What is the reasoning behind this? Why does changing my simple integer constraint change the entire execution plan?
And if you're up to it... what would you do differently? There's a SQL upgrade planned for a couple months from now but I need to get this problem fixed before that.
SQL Server is smart enough to take CHECK constraints into account when optimizing the queries.
Your f.FieldNumber <= 51 is optimized out and the optimizer sees that the whole two tables should be joined (which is best done with a HASH JOIN).
If you don't have the constraint, the engine needs to check the condition and most probably uses index traversal to do this. This may be slower.
Could please post the whole plans for the queries? Just run SET SHOWPLAN_TEXT ON and then the queries.
Update:
What is the reasoning behind this? Why does changing my simple integer constraint change the entire execution plan?
If by a constraint you mean the WHERE condition, this is probably the other thing.

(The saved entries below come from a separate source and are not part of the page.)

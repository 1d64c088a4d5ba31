-- ===== src/BlockMap/History.antt =====
-- A table over its whole life: the constructor on a new pool, and then any inserts, updates and erases.
use mathlib.Core.Option.{some-injective}
use hcl.Base.{
  ap, subst, ℕ, zero, suc, ◌+◌, ◌≡◌, ◌<◌, refl, List, [], ◌∷◌, Option, some, ltb, to_nat, count,
  arith, uint64_max, ◌>>=◌, lt→ltb,
}
use hcl.HashKey.{HashKey}
use hcl.LockfreeQueue.{LockfreeQueue}
use hcl.MemoryPool.{MemoryPool, pooled, new_memory_pool}
use hcl.MemoryPool.Take.{take_node, memory_pool_pop-take_node}
use hcl.MemoryPool.Count.{count-take_node, count-new_memory_pool, new_memory_pool-fields}
use hcl.BlockMap.{Node, Fnode, BlockMap, insert, update, erase, init_table, new_block_map}
use hcl.BlockMap.View.{IsValid}
use hcl.BlockMap.Effects.{insert-view, update-field, update_field-view, erase-view}
use hcl.BlockMap.Construct.{new_block_map-view}
use hcl.BlockMap.Nodes.{
  count-placed-empty, count-placed-nil, placed, IsConserved, insert-IsConserved,
  update_field-IsConserved, erase-IsConserved,
}

pub data Change (K V : Type 0) : Type 0 where
  inserts : K → V → Change K V
  updates : K → V → Change K V
  erases : K → Change K V

module _ {Q : LockfreeQueue ℕ} {K V : Type 0} ⦃key : HashKey K⦄ where
  unfoldable pub change : Change K V → BlockMap Q K V → Option (BlockMap Q K V)
  change (inserts k v) m = insert m k v >>= λ (_, m'). some m'
  change (updates k v) m = update m k v >>= λ (_, m'). some m'
  change (erases k) m = erase m k >>= λ (_, m'). some m'

  unfoldable pub changes : List (Change K V) → BlockMap Q K V → Option (BlockMap Q K V)
  changes [] m = some m
  changes (c ∷ cs) m = change c m >>= changes cs

  IsWhole : BlockMap Q K V → Option (BlockMap Q K V) → Type 0
  IsWhole m o = (m' : BlockMap Q K V) × (o ≡ some m') × IsValid m' × IsConserved m'

  change-IsWhole :
      (c : Change K V) (m : BlockMap Q K V) → IsValid m → IsConserved m → IsWhole m (change c m)
  unfolding change IsWhole
  change-IsWhole (inserts k v) m valid whole =
      let (m', run, valid', _, _) = insert-view valid k v in
      (m', rw run refl, valid', rw run at (insert-IsConserved valid whole k v))
  change-IsWhole (updates k v) m valid whole =
      let (m', run, valid', _, _) = update_field-view valid k (λ _. v) in
      (
        m',
        rw (update-field valid k v, run) refl,
        valid',
        rw run at (update_field-IsConserved valid whole k (λ _. v)),
      )
  change-IsWhole (erases k) m valid whole =
      let (m', run, valid', _, _) = erase-view valid k in
      (m', rw run refl, valid', rw run at (erase-IsConserved valid whole k))

  changes-IsWhole :
      (cs : List (Change K V)) (m : BlockMap Q K V)
      → IsValid m
      → IsConserved m
      → IsWhole m (changes cs m)
  unfolding changes IsWhole
  changes-IsWhole [] m valid whole = (m, refl, valid, whole)
  changes-IsWhole (c ∷ cs) m valid whole =
      let (m', run, valid', whole') = change-IsWhole c m valid whole in
      let (last, rest, ok, kept) = changes-IsWhole cs m' valid' whole' in
      (last, rw (run, rest) refl, ok, kept)

  -- the heads of the buckets come out of the pool
  init_table-count :
      (n : ℕ) (v0 : V) (max_key : K) (p : MemoryPool Q)
      → 0 < p.chunk_size
      → (t : List (Fnode K V)) × (p' : MemoryPool Q) × (init_table n v0 max_key p ≡ some (t, p'))
        × ((a : ℕ)
            → count a (pooled p') + count a (placed t) + to_nat (ltb a p.next_node)
              ≡ count a (pooled p) + to_nat (ltb a p'.next_node))
  unfolding init_table
  init_table-count zero v0 max_key p pos =
      ([], p, refl, λ a. rw (count-placed-nil {K = K} {V = V} a [] refl) (omega arith))
  init_table-count (suc n) v0 max_key p pos =
      let (p₁, popped, took) = memory_pool_pop-take_node p pos in
      let (t, p₂, run, counts) = init_table-count n v0 max_key p₁ (omega (arith, took.size)) in
      let i = (take_node p.chunk_size p.next_node (pooled p)).0 in
      let head : Node K V = record { node_id = i; key = max_key; value = v0 } in
      (
        record { num_nodes = 0; head = head; nodes = [] } ∷ t,
        p₂,
        rw (popped, run) refl,
        λ a. omega (
          arith,
          count-placed-empty a i max_key v0 t,
          counts a,
          ap (count a) took.waiting,
          ap (λ x. to_nat (ltb a x)) took.next,
          count-take_node a p.chunk_size p.next_node (pooled p) pos,
        ),
      )

  new_block_map-IsConserved :
      (n : ℕ) (p : MemoryPool Q) (v0 : V) (max_key : K) (m : BlockMap Q K V)
      → 0 < n
      → n < uint64_max
      → 0 < p.chunk_size
      → ((a : ℕ) → count a (pooled p) ≡ to_nat (ltb a p.next_node))
      → new_block_map n p v0 max_key ≡ some m
      → IsConserved m
  unfolding new_block_map
  new_block_map-IsConserved n p v0 max_key m lo hi pos once made =
      let (t, p', run, counts) = init_table-count n v0 max_key p pos in
      subst IsConserved
        (some-injective _ _ (rw (lt→ltb 0 n lo, run, lt→ltb n uint64_max hi) at made))
        (record { once = λ a. omega (arith, counts a, once a) })

  -- A table that the constructor makes, of one slot or more and fewer than UINT64_MAX, on a new
  -- pool whose chunks are not empty, after any inserts, updates and erases, all of which return:
  -- each of the nodes that malloc has handed out stands in exactly one place, once in the pool or
  -- once in a bucket, and no other node stands anywhere.
  pub changes-once :
      (n size : ℕ) (v0 : V) (max_key : K) (cs : List (Change K V))
      → 0 < n
      → n < uint64_max
      → 0 < size
      → (m : BlockMap Q K V) × ((new_block_map n (new_memory_pool Q size) v0 max_key >>= changes cs)
          ≡ some m)
        × ((a : ℕ)
            → count a (pooled m.pl) + count a (placed m.table) ≡ to_nat (ltb a m.pl.next_node))
  unfolding IsWhole
  changes-once n size v0 max_key cs lo hi pos =
      let p = new_memory_pool Q size in
      let (chunk, next) = new_memory_pool-fields Q size in
      let (m, made, valid, _, _) = new_block_map-view n p v0 max_key lo hi (rw chunk pos) in
      let (m', run, _, whole) = changes-IsWhole cs m valid (
        new_block_map-IsConserved n p v0 max_key m lo hi (rw chunk pos)
          (λ a. rw next (count-new_memory_pool Q size a)) made) in
      (m', rw (made, run) refl, whole.once)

Set operations (that's what SQL does) have no single most efficient algorithm: efficiency of each algorithm depends heavily on the data distribution in the sets.
Say, for taking a subset (that's what the WHERE clause does) you can either find the range of record in the index and use the index record pointers to locate the data rows in the table, or just scan all records in the table and filter them using the WHERE condition.
Efficiency of the former operation is m × const, that of the latter is n, where m is the number of record satisfying the condition, n is the total number of records in the table and const > 1.
This means that for larger values of m the fullscan is more efficient.
SQL Server is aware of that and changes execution plans accordingly to the constants that affect the data distribution in the set operations.
TO do this, SQL Server maintains statistics: aggregated histograms of the data distribution in each indexed column and uses them to build the query plans.
So changing the integer in the WHERE condition in fact affects the size and the data distribution of the underlying sets and makes SQL Server to reconsider the algorithms best fit to work with the sets of that size and layout.
it gets replaced with a whole bunch of Parallelism blocks
Try this:
SELECT
iv.ItemNumber,
,MAX(CASE WHEN f.FieldNumber = 1 THEN iv.[Value] ELSE NULL END) [Field1]
,MAX(CASE WHEN f.FieldNumber = 2 THEN iv.[Value] ELSE NULL END) [Field2]
,MAX(CASE WHEN f.FieldNumber = 3 THEN iv.[Value] ELSE NULL END) [Field3]
...
,MAX(CASE WHEN f.FieldNumber = 51 THEN iv.[Value] ELSE NULL END) [Field51]
FROM ItemField f
LEFT JOIN ItemValue iv ON f.ID = iv.FieldID
WHERE f.FieldNumber <= 51
GROUP BY iv.ItemNumber
OPTION (Maxdop 1)
By using Option(Maxdop 1), this should prevent the parellelism in the execution plan.
At 66 you are hitting some internal cost estimate threshold that decides it is better to use one plan vs. the other. What that threshold is and why it happens is not really important. Note that your query differ with each FieldNumber value, as you are not only changing the WHERE: you also change the pseudo-'pivot' projected fields.
Now I don't know all the details of your table and your queries and insert/update/delete/pattern, but for the particular query you posted the proper clustered index structure for the ItemValue table is this:
CREATE CLUSTERED INDEX [cdxItemValue] ON ItemValue (FieldID, ItemNumber);
This structure eliminate the need to intermediate sort the results for this 'pivot' query.